Yesterday I got an e-mail from my mom saying that I received a refund check mailed to her address. So I called her today and she opened it, and she said that it was a check from the Treasury Department with my name on it labeled "Tax Refund". I have not yet filed my tax returns for 2021, so this is the only thing that I can think of that it would be......although there was no explanation with it. Just a check. The weird thing is that I have never lived at my mom's address, even as a kid. I have been staying with her off and on over the past year to help out with some family matters, but it is not my mailing address and I don't have any mail sent there. There have been a couple times that I have bought something online and had it shipped there because that is where I was at the time. And the last time that I mailed stuff to the IRS regarding our dispute, I used her address as the return address on the envelope because that is where I was at the time and wanted the mail returned there if it could not be delivered. But everything inside the envelopes and on the tax forms has always used my address in New Jersey, where all of my mail goes. My mom lives in Indiana.


----------



## Invisible (Jun 15, 2018)

Launchpad McQuack said:


> I actually got through to them by phone about 4 months ago. After about 2 and a half hours on hold, they told me that my case could not be handled over the phone and I would have to send them a letter in the mail to proceed further.
> 
> 
> 
> ...


Odd they sent it to your mom’s address.


----------



## Launchpad McQuack (Jan 8, 2019)

Invisible said:


> Odd they sent it to your mom’s address.


Yes, very much so.

I checked my records today, and the numbers don't jive. The amount of the check that was sent to my mom's address was about $500, and the amount that I was disputing with the IRS was about $460. So it doesn't look like that is what the check is for.

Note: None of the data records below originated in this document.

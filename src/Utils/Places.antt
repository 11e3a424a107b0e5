-- ===== src/Utils/Places.antt =====
-- The places of a pattern in a text that is put together around it.
use mathlib.Core.Path.{subst}
use ladder.Prelude.{
  not, length-drop, length-append, drop-append_left, inl, append_assoc, inr, ◌-◌, sym, Bool-cases,
  drop-append, ◌==◌, ℕ, zero, suc, ◌+◌, ◌<◌, ◌≤◌, ◌≡◌, refl, ap, ◌∙◌, Bool, true, false, ◌&&◌, List,
  [], ◌∷◌, ◌++◌, length, drop, drop-append_right, arith,
}
use native.Mathlib.Decide.{dec_lt, dec_le}
use ladder.Utils.Search.{same_places}
use ladder.Utils.Occurrences.{occurrences, starts_with, places_of}

-- The pattern stands at no place of `xs` where `xs` and it are put together.
abbrev pub Unplaced : List ℕ → List ℕ → Type 0
Unplaced xs pat = (i : ℕ) → i < length xs → starts_with pat (drop i (xs ++ pat)) ≡ false

-- No proper end of the pattern is its beginning.
abbrev pub Unbordered : List ℕ → Type 0
Unbordered pat = (k : ℕ) → 0 < k → k < length pat → starts_with (drop k pat) pat ≡ false

abbrev pub shifted : ℕ → List ℕ → List ℕ
shifted k [] = []
shifted k (p ∷ ps) = (k + p) ∷ shifted k ps

starts_with-append :
    (pat xs ys : List ℕ) → length pat ≤ length xs → starts_with pat (xs ++ ys) ≡ starts_with pat xs
starts_with-append [] xs ys h = refl
starts_with-append (c ∷ pat) [] ys h = absurd (omega arith)
starts_with-append (c ∷ pat) (d ∷ xs) ys h =
    ap (λ (b : Bool). (c == d) && b) (starts_with-append pat xs ys (omega arith))

pub starts_with_self : (pat ys : List ℕ) → starts_with pat (pat ++ ys) ≡ true
starts_with_self [] ys = refl
starts_with_self (c ∷ pat) ys = ground (arith, starts_with_self pat ys)

-- A pattern that stands at a shorter text with more behind it begins with that text.
pub starts_with-flip :
    (pat xs ys : List ℕ)
    → length xs ≤ length pat
    → starts_with pat (xs ++ ys) ≡ true
    → starts_with xs pat ≡ true
starts_with-flip pat [] ys le h = refl
starts_with-flip [] (d ∷ xs) ys le h = absurd (omega arith)
starts_with-flip (c ∷ pat) (d ∷ xs) ys le h =
    ground (arith, starts_with-flip pat xs ys (omega arith) (ground arith))

module _ (str pat : List ℕ) where
  places_of-none :
      (i n : ℕ)
      → ((x : ℕ) → x < n → starts_with pat (drop (i + x) str) ≡ false)
      → places_of str pat i n ≡ []
  places_of-none i zero h = refl
  places_of-none i (suc n) h =
      rw
        (subst (λ (k : ℕ). starts_with pat (drop k str) ≡ false)
          (let e : i + 0 ≡ i = omega arith in e) (h 0 (omega arith)))
        (places_of-none (suc i) n (λ x lt.
          subst (λ (k : ℕ). starts_with pat (drop k str) ≡ false)
            (let e : i + suc x ≡ suc i + x = omega arith in e) (h (suc x) (omega arith))))

  places_of-append :
      (i n m : ℕ)
      → places_of str pat i (n + m) ≡ places_of str pat i n ++ places_of str pat (i + n) m
  places_of-append i zero m = same_places str pat i (i + 0) (0 + m) m (omega arith) (omega arith)
  places_of-append i (suc n) m =
      same_places str pat i i (suc n + m) (suc (n + m)) refl (omega arith)
      ∙ ground (
        arith,
        places_of-append (suc i) n m,
        same_places str pat (suc i + n) (i + suc n) m m (omega arith) refl,
      )

places_of-shift :
    (xs ys pat : List ℕ) (i n k : ℕ)
    → k ≡ length xs
    → places_of (xs ++ ys) pat (k + i) n ≡ shifted k (places_of ys pat i n)
places_of-shift xs ys pat i zero k h = refl
places_of-shift xs ys pat i (suc n) k h = ground (
  arith,
  drop-append_right xs ys k i h,
  places_of-shift xs ys pat (suc i) n k h,
  same_places (xs ++ ys) pat (suc (k + i)) (k + suc i) n n (omega arith) refl,
)

-- Behind a first place `xs` the text `xs ++ pat ++ ys` has the places of `ys`.
module _ (xs pat ys : List ℕ) (unplaced : Unplaced xs pat) where
  abbrev whole : List ℕ
  whole = xs ++ (pat ++ ys)

  before : (i : ℕ) → i < length xs → starts_with pat (drop i whole) ≡ false
  before i lt =
      ap (starts_with pat) (
        ap (drop i) (sym (append_assoc xs pat ys))
        ∙ drop-append_left i (xs ++ pat) ys (omega (arith, length-append xs pat)))
      ∙ starts_with-append pat (drop i (xs ++ pat)) ys
          (omega (arith, length-drop i (xs ++ pat), length-append xs pat))
      ∙ unplaced i lt

  here : starts_with pat (drop (length xs) whole) ≡ true
  here =
      ap (starts_with pat) (drop-append xs (pat ++ ys) (length xs) refl) ∙ starts_with_self pat ys

  from_start : occurrences whole pat ≡ length xs ∷ places_of whole pat (suc (length xs)) (length ys)
  from_start =
      same_places whole pat 0 0 (length whole + 1 - length pat) (length xs + suc (length ys)) refl
        (omega (arith, length-append xs (pat ++ ys), length-append pat ys))
      ∙ places_of-append whole pat 0 (length xs) (suc (length ys))
      ∙ ap (λ (ps : List ℕ). ps ++ places_of whole pat (0 + length xs) (suc (length ys)))
          (places_of-none whole pat 0 (length xs) (λ x lt.
            subst (λ (k : ℕ). starts_with pat (drop k whole) ≡ false)
              (let e : x ≡ 0 + x = omega arith in e) (before x lt)))
      ∙ same_places whole pat (0 + length xs) (length xs) (suc (length ys)) (suc (length ys))
          (omega arith) refl
      ∙ rw here refl

  pub first_place : (ps : List ℕ) × (occurrences whole pat ≡ length xs ∷ ps)
  first_place = (places_of whole pat (suc (length xs)) (length ys), from_start)

  module _ (unbordered : Unbordered pat) (some_char : 0 < length pat) where
    between :
        (k : ℕ) → 0 < k → k < length pat → starts_with pat (drop (length xs + k) whole) ≡ false
    between k pos lt = elim (Bool-cases (starts_with pat (drop (length xs + k) whole))) [
      | inr f ↦ f
      | inl t ↦
          let e : starts_with pat (drop k pat ++ ys) ≡ true =
            sym (
              ap (starts_with pat) (
                drop-append_right xs (pat ++ ys) (length xs) k refl
                ∙ drop-append_left k pat ys (omega arith)))
            ∙ t in
          let f : starts_with (drop k pat) pat ≡ true =
            starts_with-flip pat (drop k pat) ys (omega (arith, length-drop k pat)) e in
          let g : starts_with (drop k pat) pat ≡ false = unbordered k pos lt in absurd (cc)
    ]

    behind :
        (n : ℕ)
        → places_of whole pat (length xs + length pat) n
          ≡ shifted (length xs + length pat) (places_of ys pat 0 n)
    behind n =
        ap (λ (str : List ℕ). places_of str pat (length xs + length pat) n)
          (sym (append_assoc xs pat ys))
        ∙ same_places ((xs ++ pat) ++ ys) pat (length xs + length pat) (length xs + length pat + 0)
            n n (omega arith) refl
        ∙ places_of-shift (xs ++ pat) ys pat 0 n (length xs + length pat)
            (omega (arith, length-append xs pat))

    inside : (n : ℕ) → n < length pat → places_of whole pat (suc (length xs)) n ≡ []
    inside n lt = places_of-none whole pat (suc (length xs)) n (λ x small.
        subst (λ (k : ℕ). starts_with pat (drop k whole) ≡ false)
          (let e : length xs + suc x ≡ suc (length xs) + x = omega arith in e)
          (between (suc x) (omega arith) (omega arith)))

    abbrev rest_places : List ℕ
    rest_places = shifted (length xs + length pat) (occurrences ys pat)

    from_next : (n : ℕ) → n ≡ length ys → places_of whole pat (suc (length xs)) n ≡ rest_places
    from_next n h = elim (dec_le (length pat) (suc n)) [
      | yes le ↦
          same_places whole pat (suc (length xs)) (suc (length xs)) n
            (length pat - 1 + (length ys + 1 - length pat)) refl (omega arith)
          ∙ places_of-append whole pat (suc (length xs)) (length pat - 1)
              (length ys + 1 - length pat)
          ∙ ap
              (λ (ps : List ℕ).
                ps
                ++ places_of whole pat (suc (length xs) + (length pat - 1))
                    (length ys + 1 - length pat))
              (inside (length pat - 1) (omega arith))
          ∙ same_places whole pat (suc (length xs) + (length pat - 1)) (length xs + length pat)
              (length ys + 1 - length pat) (length ys + 1 - length pat) (omega arith) refl
          ∙ behind (length ys + 1 - length pat)
      | no le ↦
          inside n (omega arith)
          ∙ ap (shifted (length xs + length pat))
              (same_places ys pat 0 0 0 (length ys + 1 - length pat) refl (omega arith))
    ]

    pub occurrences-placed : occurrences whole pat ≡ length xs ∷ rest_places
    occurrences-placed = from_start ∙ ap (◌∷◌ (length xs)) (from_next (length ys) refl)

-- Nowhere in a text that ends without it.
pub occurrences-none :
    (xs pat : List ℕ) → Unplaced xs pat → 0 < length pat → occurrences xs pat ≡ []
occurrences-none xs pat unplaced pos = places_of-none xs pat 0 (length xs + 1 - length pat) (λ x lt.
    subst (λ (k : ℕ). starts_with pat (drop k xs) ≡ false) (let e : x ≡ 0 + x = omega arith in e)
      (sym (starts_with-append pat (drop x xs) pat (omega (arith, length-drop x xs)))
        ∙ ap (starts_with pat) (sym (drop-append_left x xs pat (omega arith)))
        ∙ unplaced x (omega arith)))

pub starts_with-drop :
    (pat xs : List ℕ) → starts_with pat xs ≡ true → xs ≡ pat ++ drop (length pat) xs
starts_with-drop [] xs h = refl
starts_with-drop (c ∷ pat) [] h = cc
starts_with-drop (c ∷ pat) (d ∷ xs) h = ground (arith, starts_with-drop pat xs (ground arith))

-- A check of the places below a bound.
abbrev pub is_unplaced_below : ℕ → List ℕ → List ℕ → Bool
is_unplaced_below zero xs pat = true
is_unplaced_below (suc n) xs pat =
    not (starts_with pat (drop n (xs ++ pat))) && is_unplaced_below n xs pat

is_unplaced_below_lem :
    (n : ℕ) (xs pat : List ℕ)
    → is_unplaced_below n xs pat ≡ true
    → (i : ℕ) → i < n
    → starts_with pat (drop i (xs ++ pat)) ≡ false
is_unplaced_below_lem zero xs pat h i lt = absurd (omega arith)
is_unplaced_below_lem (suc n) xs pat h i lt = elim (dec_lt i n) [
  | yes less ↦ is_unplaced_below_lem n xs pat (ground arith) i less
  | no more ↦
      subst (λ (k : ℕ). starts_with pat (drop k (xs ++ pat)) ≡ false)
        (let e : n ≡ i = omega arith in e) (ground arith)
]

pub is_unplaced_below-Unplaced :
    (xs pat : List ℕ) → is_unplaced_below (length xs) xs pat ≡ true → Unplaced xs pat
is_unplaced_below-Unplaced xs pat h = is_unplaced_below_lem (length xs) xs pat h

Does anybody know, if you get an unexpected check from the United States Treasury with no explanation, is there a way to contact somebody to find out why you got it and verify that it wasn't sent in error? I don't want to cash it and then have them come back at me later claiming that it was sent to me in error and I owe them the money back.


----------



## Invisible (Jun 15, 2018)

Launchpad McQuack said:


> Yes, very much so.
> 
> I checked my records today, and the numbers don't jive. The amount of the check that was sent to my mom's address was about $500, and the amount that I was disputing with the IRS was about $460. So it doesn't look like that is what the check is for.
> 
> Does anybody know, if you get an unexpected check from the United States Treasury with no explanation, is there a way to contact somebody to find out why you got it and verify that it wasn't sent in error? I don't want to cash it and then have them come back at me later claiming that it was sent to me in error and I owe them the money back.

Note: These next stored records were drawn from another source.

-- ===== src/Http/Message/Frame.antt =====
-- Where a message ends: the blank line, and the payload behind it.
use ladder.Prelude.{
  inr, drop-append_right, inl, length-append, ◌-◌, if◌then◌else◌, ◌<◌, ◌⊎◌, take-append, ℕ, zero,
  suc, ◌+◌, ◌≡◌, refl, ap, ◌∙◌, none, some, List, [], ◌∷◌, ◌++◌, length, arith,
}
use ladder.Prelude.Text.{ℤ, pos, negsuc, find_number, atoi}
use ladder.Utils.Search.{find_substr-occurrences}
use ladder.Utils.Occurrences.{NoZero, occurrences}
use ladder.Utils.Places.{Unplaced, first_place}
use ladder.Http.Tables.{header_break, field_content_length}
use ladder.Http.Split.{split_string}
use ladder.Http.Message.{
  status_bad_request, bad_line, take, ltb, handled, payload_length, parse_payload, parse_places,
  HttpContext, clear, headers_are, parse_lines, parsed, parse_block, parse_message,
}

abbrev pub blank_line : List ℕ
blank_line = header_break ++ header_break

blank_line-NoZero : NoZero blank_line
blank_line-NoZero zero h e = omega arith
blank_line-NoZero (suc zero) h e = omega arith
blank_line-NoZero (suc (suc zero)) h e = omega arith
blank_line-NoZero (suc (suc (suc zero))) h e = omega arith
blank_line-NoZero (suc (suc (suc (suc k)))) h e = omega arith

module _ (handle_message : HttpContext → ℤ × HttpContext) (c : HttpContext) where
  pub parse_message-block :
      (block behind : List ℕ)
      → Unplaced block blank_line
      → parse_message handle_message c (block ++ (blank_line ++ behind))
        ≡ parse_block handle_message
            (block ++ (blank_line ++ behind))
            (length block + 4)
            (split_string block header_break)
            (clear c)
  unfolding parse_message parse_places
  parse_message-block block behind unplaced =
      let (ps, e) = first_place block blank_line behind unplaced in
      ap (parse_places handle_message c (block ++ (blank_line ++ behind)))
        (find_substr-occurrences (block ++ (blank_line ++ behind)) blank_line blank_line-NoZero ∙ e)
      ∙ ap
          (λ (t : List ℕ).
            parse_block handle_message (block ++ (blank_line ++ behind)) (length block + 4)
              (split_string t header_break) (clear c))
          (take-append block (blank_line ++ behind) (length block) refl)

  pub parse_message-no_end :
      (message : List ℕ)
      → occurrences message blank_line ≡ []
      → parse_message handle_message c message ≡ parsed (negsuc 0) (pos 0) c
  unfolding parse_message parse_places
  parse_message-no_end message h =
      ap (parse_places handle_message c message)
        (find_substr-occurrences message blank_line blank_line-NoZero ∙ h)

-- What the header block says: its first line, the headers of the others.
pub record Says (block start : List ℕ) (headers : List (ℕ × List ℕ)) : Type 0 where
  pub rest_lines : List (List ℕ)
  pub has_lines : split_string block header_break ≡ start ∷ rest_lines
  pub has_headers : parse_lines rest_lines [] ≡ headers_are headers

-- How much payload the headers announce.
abbrev pub Announces : List (ℕ × List ℕ) → ℕ → Type 0
Announces headers n =
    (find_number field_content_length headers ≡ none) × (n ≡ 0)
    ⊎ (value : List ℕ) × (find_number field_content_length headers ≡ some value)
      × (atoi value ≡ pos n)

payload_length_lem :
    (headers : List (ℕ × List ℕ)) (n available : ℕ)
    → Announces headers n
    → payload_length headers available ≡ (if ltb available n then none else some (pos n))
unfolding payload_length
payload_length_lem headers n available (inl (absent, e)) =
    rw (absent, payload_length) (ground arith)
payload_length_lem headers n available (inr (value, present, e)) =
    rw (present, payload_length) (rw e refl)

module _ (handle_message : HttpContext → ℤ × HttpContext) (c : HttpContext) where
  parse_block-Says :
      (message : List ℕ) (before : ℕ) (block start : List ℕ) (headers : List (ℕ × List ℕ))
      → Says block start headers
      → parse_block handle_message message before (split_string block header_break) (clear c)
        ≡ parse_payload handle_message message before
            (record (clear c) { start_line = start; headers = headers })
  unfolding parse_block clear
  parse_block-Says message before block start headers says =
      ap (λ (lines : List (List ℕ)). parse_block handle_message message before lines (clear c))
        (says.has_lines)
      ∙ rw (says.has_headers, parse_block) refl

  behind_length :
      (block behind : List ℕ)
      → length (block ++ (blank_line ++ behind)) - (length block + 4) ≡ length behind
  behind_length block behind = omega (arith, length-append block (blank_line ++ behind))

  pub parse_message_complete :
      (block start : List ℕ) (headers : List (ℕ × List ℕ)) (payload rest : List ℕ)
      → Unplaced block blank_line
      → Says block start headers
      → Announces headers (length payload)
      → parse_message handle_message c (block ++ (blank_line ++ (payload ++ rest)))
        ≡ handled handle_message
            (record (clear c) { start_line = start; headers = headers; payload = payload })
            (pos (length block + 4 + length payload))
  unfolding parse_payload clear
  parse_message_complete block start headers payload rest unplaced says announced =
      let message = block ++ (blank_line ++ (payload ++ rest)) in
      let enough : payload_length headers (length message - (length block + 4))
          ≡ some (pos (length payload)) =
        payload_length_lem headers (length payload) (length message - (length block + 4)) announced
        ∙ ground (arith, behind_length block (payload ++ rest), length-append payload rest) in
      parse_message-block handle_message c block (payload ++ rest) unplaced
      ∙ parse_block-Says message (length block + 4) block start headers says
      ∙ rw (enough, parse_payload)
          (ap
            (λ (p : List ℕ).
              handled handle_message
                (record (clear c) { start_line = start; headers = headers; payload = p })
                (pos (length block + 4 + length payload)))
            (ap (take (length payload))
                (drop-append_right block (blank_line ++ (payload ++ rest)) (length block) 4 refl)
              ∙ take-append payload rest (length payload) refl))

  pub parse_message-short :
      (block start : List ℕ) (headers : List (ℕ × List ℕ)) (payload : List ℕ) (n : ℕ)
      → Unplaced block blank_line
      → Says block start headers
      → Announces headers n
      → length payload < n
      → parse_message handle_message c (block ++ (blank_line ++ payload))
        ≡ parsed (negsuc 0) (pos 0) (record (clear c) { start_line = start; headers = headers })
  unfolding parse_payload clear
  parse_message-short block start headers payload n unplaced says announced short =
      let message = block ++ (blank_line ++ payload) in
      let enough : payload_length headers (length message - (length block + 4)) ≡ none =
        payload_length_lem headers n (length message - (length block + 4)) announced
        ∙ ground (arith, behind_length block payload) in
      parse_message-block handle_message c block payload unplaced
      ∙ parse_block-Says message (length block + 4) block start headers says
      ∙ rw (enough, parse_payload) refl

pub handled_lem :
    (handle_message : HttpContext → ℤ × HttpContext) (c c' : HttpContext) (status total : ℤ)
    → handle_message c ≡ (status, c')
    → handled handle_message c total ≡ parsed status total c'
unfolding handled
handled_lem handle_message c c' status total h =
    ap (λ (p : ℤ × HttpContext). parsed p.0 total p.1) h

pub parse_message-bad_line :
    (handle_message : HttpContext → ℤ × HttpContext) (c : HttpContext) (block start : List ℕ)
    (lines : List (List ℕ)) (headers : List (ℕ × List ℕ)) (behind : List ℕ)
    → Unplaced block blank_line
    → split_string block header_break ≡ start ∷ lines
    → parse_lines lines [] ≡ bad_line headers
    → parse_message handle_message c (block ++ (blank_line ++ behind))
      ≡ parsed
          (pos status_bad_request)
          (pos 0)
          (record (clear c) { start_line = start; headers = headers })
unfolding parse_block clear
parse_message-bad_line handle_message c block start lines headers behind unplaced split bad =
    parse_message-block handle_message c block behind unplaced
    ∙ ap
        (λ (ls : List (List ℕ)).
          parse_block handle_message (block ++ (blank_line ++ behind)) (length block + 4) ls
            (clear c))
        split
    ∙ rw (bad, parse_block) refl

It could be legit and they gave more because of the interest because you had to wait so long. I had that once where they made an error, took forever to send my money to me and then it was more because of interest.


----------



## Seamus (Jun 21, 2018)

Launchpad McQuack said:


> Yes, very much so.
> 
> I checked my records today, and the numbers don't jive. The amount of the check that was sent to my mom's address was about $500, and the amount that I was disputing with the IRS was about $460. So it doesn't look like that is what the check is for.
> 
> Does anybody know, if you get an unexpected check from the United States Treasury with no explanation, is there a way to contact somebody to find out why you got it and verify that it wasn't sent in error? I don't want to cash it and then have them come back at me later claiming that it was sent to me in error and I owe them the money back.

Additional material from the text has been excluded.